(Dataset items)
────

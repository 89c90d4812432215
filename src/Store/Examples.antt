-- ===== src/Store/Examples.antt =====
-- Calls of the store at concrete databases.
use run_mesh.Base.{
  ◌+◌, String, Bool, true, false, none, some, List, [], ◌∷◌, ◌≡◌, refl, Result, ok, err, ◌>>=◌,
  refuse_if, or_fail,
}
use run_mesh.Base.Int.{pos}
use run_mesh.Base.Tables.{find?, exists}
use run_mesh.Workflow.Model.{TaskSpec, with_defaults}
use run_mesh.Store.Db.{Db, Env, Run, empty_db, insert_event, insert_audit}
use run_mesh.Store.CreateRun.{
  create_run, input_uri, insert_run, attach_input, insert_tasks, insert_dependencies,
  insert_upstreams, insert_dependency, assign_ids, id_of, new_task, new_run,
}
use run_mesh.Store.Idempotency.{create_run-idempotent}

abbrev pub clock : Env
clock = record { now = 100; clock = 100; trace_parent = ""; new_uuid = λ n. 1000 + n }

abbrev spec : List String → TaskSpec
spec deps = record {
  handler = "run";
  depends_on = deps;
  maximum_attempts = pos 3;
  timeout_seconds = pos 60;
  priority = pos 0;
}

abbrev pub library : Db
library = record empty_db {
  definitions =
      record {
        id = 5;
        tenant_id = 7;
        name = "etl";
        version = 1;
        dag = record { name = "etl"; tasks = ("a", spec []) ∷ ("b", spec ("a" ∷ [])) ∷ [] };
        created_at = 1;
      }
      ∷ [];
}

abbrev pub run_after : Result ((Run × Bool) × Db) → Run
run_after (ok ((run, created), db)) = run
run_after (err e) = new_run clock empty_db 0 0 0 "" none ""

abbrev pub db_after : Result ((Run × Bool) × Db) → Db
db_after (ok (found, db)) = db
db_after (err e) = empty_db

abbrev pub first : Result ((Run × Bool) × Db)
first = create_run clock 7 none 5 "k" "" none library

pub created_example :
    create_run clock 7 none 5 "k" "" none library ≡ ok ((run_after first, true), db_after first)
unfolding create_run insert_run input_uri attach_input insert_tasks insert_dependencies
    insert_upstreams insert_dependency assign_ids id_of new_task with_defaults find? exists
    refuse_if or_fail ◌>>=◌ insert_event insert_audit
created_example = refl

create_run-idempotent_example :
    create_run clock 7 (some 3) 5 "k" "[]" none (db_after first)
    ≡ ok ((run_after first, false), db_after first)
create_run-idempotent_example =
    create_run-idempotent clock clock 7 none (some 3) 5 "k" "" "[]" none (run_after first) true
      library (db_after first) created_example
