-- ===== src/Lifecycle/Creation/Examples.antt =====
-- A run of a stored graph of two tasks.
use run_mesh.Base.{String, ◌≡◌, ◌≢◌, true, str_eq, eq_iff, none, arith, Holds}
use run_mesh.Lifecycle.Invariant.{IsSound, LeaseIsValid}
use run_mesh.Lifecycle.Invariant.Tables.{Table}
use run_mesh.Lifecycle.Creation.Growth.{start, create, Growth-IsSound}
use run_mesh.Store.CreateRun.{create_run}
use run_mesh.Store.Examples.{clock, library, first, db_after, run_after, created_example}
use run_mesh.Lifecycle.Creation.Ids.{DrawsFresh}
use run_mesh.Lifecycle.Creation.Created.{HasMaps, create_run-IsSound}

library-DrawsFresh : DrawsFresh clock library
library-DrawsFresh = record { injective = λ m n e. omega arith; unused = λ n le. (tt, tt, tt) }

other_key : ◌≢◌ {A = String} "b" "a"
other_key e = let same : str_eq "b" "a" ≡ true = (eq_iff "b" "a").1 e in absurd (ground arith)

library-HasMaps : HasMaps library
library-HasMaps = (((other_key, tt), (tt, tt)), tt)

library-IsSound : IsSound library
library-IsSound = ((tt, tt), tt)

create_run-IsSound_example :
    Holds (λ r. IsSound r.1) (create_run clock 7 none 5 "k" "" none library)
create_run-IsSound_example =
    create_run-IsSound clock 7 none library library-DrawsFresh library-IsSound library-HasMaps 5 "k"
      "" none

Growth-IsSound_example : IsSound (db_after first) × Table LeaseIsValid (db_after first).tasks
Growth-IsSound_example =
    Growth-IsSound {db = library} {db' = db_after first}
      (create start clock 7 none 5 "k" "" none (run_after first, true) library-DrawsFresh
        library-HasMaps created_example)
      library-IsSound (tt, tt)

────

Every line above that holds "false" counts once; state the total and nothing else.

2